А Устименко уже рассказывал о том, как макаровцы позволили больным иметь свое белье, свои пижамы, свои халаты, как приносят и няни, и сестры, и врачи в больницу цветы, как радуются больные аквариумам, как еще бедный киевский зоопарк подарил больнице зверей и птиц, которые живут в вольерах и клетках и развлекают своими сложными и смешными взаимоотношениями ходячих больных, как уничтожили макаровцы «лазаретную» белую окраску стен и как сам цвет лечит, восполняя собой недостаток солнца. И парк будет у макаровской больницы, рассказывал Устименко, большой парк: известно, что люди, живущие там, где растут ореховые рощи, не болеют туберкулезом — будут в парке произрастать орехи. Живая ветка багульника за сутки вдвое уменьшает количество микробов в комнате. Фитонциды сами выделяются в воздух, «витаминизируют» его здоровьем. Оздоровляющее действие клена, пихты, березы — все пойдет на пользу больным. Так как фитонцидная активность цветов не одинакова в течение суток, то искусные садоводы рассадят цветы так, чтобы вахта фитонцидов всегда бодрствовала, всегда стояла на страже здоровья. И об эстетотерапии — лечении красотой — заговорил было Устименко, но сказал немного — о многоцветном постоянно, даже зимой, пейзаже за окнами больницы, махнул рукой и, быстро улыбнувшись, словно позабыв, сколько врагов слушает его нынче, спросил:

— Ужели возможно во всем этом сомневаться?

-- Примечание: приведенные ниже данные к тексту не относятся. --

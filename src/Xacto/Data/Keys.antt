-- ===== src/Xacto/Data/Keys.antt =====
-- Keys and blobs as the texts that they hold.
use c_language.Prelude.{
  ℕ, zero, suc, ◌+◌, ◌≡◌, ◌≢◌, ◌↔◌, refl, ap, Bool, true, false, none, some, ◌>>=◌,
}
use c_language.Prelude.{
  List, [], ◌∷◌, ◌++◌, length, replicate, arith, u32, ◌==◌, Bool-cases, ==_refl, ==_ne, ==_iff, inl,
  inr,
}
use c_language.Audio.Annotation.Laws.{NoZeros}
use c_language.Xacto.Data.{
  Blob, Key, strncpy, strlen, str_equal, blob_ref, blob_create, blob_compare, equal_or_not,
}
use c_language.Xacto.Data.{char_value, hash_loop, blob_hash, key_create, key_compare}

is_zero : (c : ℕ) → c ≢ 0 → (c == 0) ≡ false
is_zero c d = ground arith

strncpy_full :
    (n pad : ℕ) (text more : List ℕ)
    → NoZeros text
    → n ≡ length text + suc pad
    → strncpy n (text ++ (0 ∷ more)) ≡ some (text ++ (0 ∷ replicate pad 0))
unfolding strncpy
strncpy_full zero pad [] more z e = absurd (omega arith)
strncpy_full (suc n) pad [] more z e =
    ap (λ k. some (0 ∷ replicate k 0)) (let f : n ≡ pad = omega arith in f)
strncpy_full zero pad (c ∷ t) more z e = absurd (omega arith)
strncpy_full (suc n) pad (c ∷ t) more (d, z) e =
    rw (is_zero c d, strncpy_full n pad t more z (omega arith)) refl

strncpy_cut : (text more : List ℕ) → NoZeros text → strncpy (length text) (text ++ more) ≡ some text
unfolding strncpy
strncpy_cut [] more z = refl
strncpy_cut (c ∷ t) more (d, z) = rw (is_zero c d, strncpy_cut t more z) refl

strlen_full : (text more : List ℕ) → NoZeros text → strlen (text ++ (0 ∷ more)) ≡ some (length text)
unfolding strlen
strlen_full [] more z = refl
strlen_full (c ∷ t) more (d, z) = rw (is_zero c d, strlen_full t more z) refl

strlen-none : (text : List ℕ) → NoZeros text → strlen text ≡ none
unfolding strlen
strlen-none [] z = refl
strlen-none (c ∷ t) (d, z) = rw (is_zero c d, strlen-none t z) refl

str_equal-none : (text : List ℕ) → NoZeros text → str_equal text text ≡ none
unfolding str_equal
str_equal-none [] z = refl
str_equal-none (c ∷ t) (d, z) = rw (is_zero c d, ==_refl c, str_equal-none t z) refl

-- A reference hash of a text, of which `length` is the length.
text_hash : ℕ → ℕ → List ℕ → ℕ
text_hash length hash [] = hash
text_hash length hash (c ∷ t) = text_hash length (u32 (hash + (char_value c + length))) t

hash_loop_full :
    (n h : ℕ) (text more : List ℕ)
    → NoZeros text
    → hash_loop (text ++ (0 ∷ more)) n h ≡ some (text_hash n h text)
unfolding hash_loop text_hash
hash_loop_full n h [] more z = refl
hash_loop_full n h (c ∷ t) more (d, z) =
    rw (is_zero c d) (hash_loop_full n (u32 (h + (char_value c + n))) t more z)

-- `strcmp` of two terminated texts.
compared :
    (s t a b : List ℕ)
    → NoZeros s
    → NoZeros t
    → (r : Bool) × (str_equal (s ++ (0 ∷ a)) (t ++ (0 ∷ b)) ≡ some r) × ((r ≡ true) ↔ (s ≡ t))
unfolding str_equal
compared [] [] a b y z = (true, refl, ((λ e. refl), (λ e. refl)))
compared [] (d ∷ t) a b y (n, z) =
    let e : (0 == d) ≡ false = ground arith in (false, rw e refl, ((λ h. cc), (λ h. cc)))
compared (c ∷ s) [] a b (n, y) z = (false, rw (is_zero c n) refl, ((λ h. cc), (λ h. cc)))
compared (c ∷ s) (d ∷ t) a b (n, y) (k, z) = elim (Bool-cases (c == d)) [
  | inr e ↦ (false, rw e refl, ((λ h. cc), (λ h. absurd (==_ne c d e (cc)))))
  | inl e ↦
      let (r, q, (f, g)) = compared s t a b y z in
      let same = (==_iff c d).0 e in
      (r, rw (e, is_zero c n, q) refl, ((λ h. let i = f h in cc), (λ h. g (cc))))
]

-- A blob of a terminated text with room for the terminator.
text_blob : List ℕ → ℕ → ℕ → Blob
text_blob text pad count = record {
  refcnt = count;
  size = length text + suc pad;
  content = text ++ (0 ∷ replicate pad 0);
  prefix = text ++ (0 ∷ replicate pad 0);
}

created :
    (pad : ℕ) (text more : List ℕ)
    → NoZeros text
    → blob_create (text ++ (0 ∷ more)) (length text + suc pad) ≡ some (text_blob text pad 1)
unfolding blob_create blob_ref text_blob
created pad text more z = rw (strncpy_full (length text + suc pad) pad text more z refl) refl

hashed :
    (pad count : ℕ) (text : List ℕ)
    → NoZeros text
    → blob_hash (text_blob text pad count) ≡ some (text_hash (length text) 0 text)
unfolding blob_hash text_blob
hashed pad count text z =
    rw
      (
        strlen_full text (replicate pad 0) z,
        hash_loop_full (length text) 0 text (replicate pad 0) z,
      )
      refl

text_key : List ℕ → ℕ → Key
text_key text pad = record { hash = text_hash (length text) 0 text; blob = text_blob text pad 2 }

keyed :
    (pad : ℕ) (text : List ℕ)
    → NoZeros text
    → key_create (text_blob text pad 1) ≡ some (text_key text pad)
unfolding key_create text_blob text_key
keyed pad text z = rw (hashed pad 1 text z) refl

decided :
    (s t : List ℕ) (r : Bool)
    → ((r ≡ true) → (s ≡ t))
    → ((s ≡ t) → (r ≡ true))
    → (equal_or_not r ≡ 0) ↔ (s ≡ t)
unfolding equal_or_not
decided s t true f g = ((λ h. f refl), (λ h. refl))
decided s t false f g = ((λ h. absurd (omega arith)), (λ h. let k = g h in cc))

keys_compare :
    (s t : List ℕ) (p q : ℕ)
    → NoZeros s
    → NoZeros t
    → (r : ℕ) × (key_compare (text_key s p) (text_key t q) ≡ some r) × ((r ≡ 0) ↔ (s ≡ t))
unfolding key_compare blob_compare text_key text_blob
keys_compare s t p q y z =
    elim (Bool-cases (text_hash (length s) 0 s == text_hash (length t) 0 t)) [
      | inr e ↦
          let d = ==_ne (text_hash (length s) 0 s) (text_hash (length t) 0 t) e in
          (
            4294967295,
            rw e refl,
            ((λ h. absurd (omega arith)), (λ h. absurd (d (ap (λ x. text_hash (length x) 0 x) h)))),
          )
      | inl e ↦
          let (r, c, (f, g)) = compared s t (replicate p 0) (replicate q 0) y z in
          (equal_or_not r, rw (e, c) refl, decided s t r f g)
    ]

-- Keys created from blobs that have room for the terminators of their texts compare to 0 exactly
-- when the texts are the same, whatever their hashes and the memory behind the texts.
pub key_compare_texts :
    (s t a b : List ℕ) (p q : ℕ)
    → NoZeros s
    → NoZeros t
    → (k1 : Key) × (k2 : Key) × ((blob_create (s ++ (0 ∷ a)) (length s + suc p) >>= key_create)
        ≡ some k1)
      × ((blob_create (t ++ (0 ∷ b)) (length t + suc q) >>= key_create) ≡ some k2)
      × (r : ℕ) × (key_compare k1 k2 ≡ some r)
      × ((r ≡ 0) ↔ (s ≡ t))
key_compare_texts s t a b p q y z =
    let (r, c, d) = keys_compare s t p q y z in
    (
      text_key s p,
      text_key t q,
      rw (created p s a y) (keyed p s y),
      rw (created q t b z) (keyed q t z),
      r,
      c,
      d,
    )

-- A blob created with the length of its text as its size, as the server creates keys and values,
-- has no terminator: to hash it, to compare it with itself, or to make a key of it reads beyond
-- its content.
pub unterminated_blob :
    (text more : List ℕ)
    → NoZeros text
    → (bp : Blob) × (blob_create (text ++ more) (length text) ≡ some bp)
      × (blob_hash bp ≡ none)
      × (blob_compare bp bp ≡ none)
      × (key_create bp ≡ none)
unfolding blob_create blob_ref blob_hash blob_compare key_create
unterminated_blob text more z = (
  record { refcnt = 1; size = length text; content = text; prefix = text },
  rw (strncpy_cut text more z) refl,
  rw (strlen-none text z) refl,
  rw (str_equal-none text z) refl,
  rw (strlen-none text z) refl,
)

— Вполне! — неожиданно для Устименки произнес профессор Щукин и поднялся, красиво встряхнув седыми волосами. — Я лично горячий противник всех этих сахаринов, мармеладов и патоки. И вот только почему: особыми условиями, эстетотерапией, истерикой чуткости, миром тишины, каучуковыми калошками, рыбками и зверюшками мы возводим больного в исключительное положение, лишаем его закалки, сюсюканьем мы только подрываем в нем веру в себя…

— Правильно! — бодро крикнул Женька Степанов. — Абсолютно согласен!

— Вздор! — гаркнул Богословский. — Это потому, что вы, друг мой Федор Федорович, никогда, благодаря своему редкому здоровьицу, в больнице за нумером и по алфавиту не леживали. Вот и пускаете хитросплетения! Тут Устименко весьма справедливо подметил, что ежели и изволите приболеть, то в отдельную палату, это — так, это — по жизни!

Воловик «позволила себе не согласиться» с уважаемым коллегой, Лорье попросил слова и, щекоча слушающих словесными курбетами, изящно заспрашивал у милейшего и увлеченнейшего Владимира Афанасьевича, каково помогают фитонциды при раковой болезни? И хорош ли охранительный режим, когда случится заворот кишок или непроходимость? Помогает ли в сем случае искуснейший шум дождя? И какими условными рефлексами можно ликвидировать сердечную недостаточность?

Эссе у него нынче не получилось, получились, по любимому выражению Богословского, «намеки тонкие на то, чего не ведает никто». Для чего-то назвал доктор Лорье небезызвестного барона Мюнхаузена, а потом безо всякой связи с предыдущим заявил, что просит на него не обижаться — дело, оказывается, заключалось в том, что он просто-напросто размышлял вслух, совещался со своей совестью…

С совести начал и Зеленной. Как многие бессовестные люди, он всегда начинал свои речи с вопросов совести, порядочности и чести. Для него, разумеется, история русской медицины не была звуком пустым. И пошел он переливать из пустого в порожнее, пошел призывать к энергическому использованию нашего великого прошлого, опыта Иноземцева, опыта Пирогова… Толстый, жирный, потный, сердитый, протягивал он к Устименке руки и просил, «даже умолял», по его словам, не пренебрегать отечественной историей, опытом, великими поисками.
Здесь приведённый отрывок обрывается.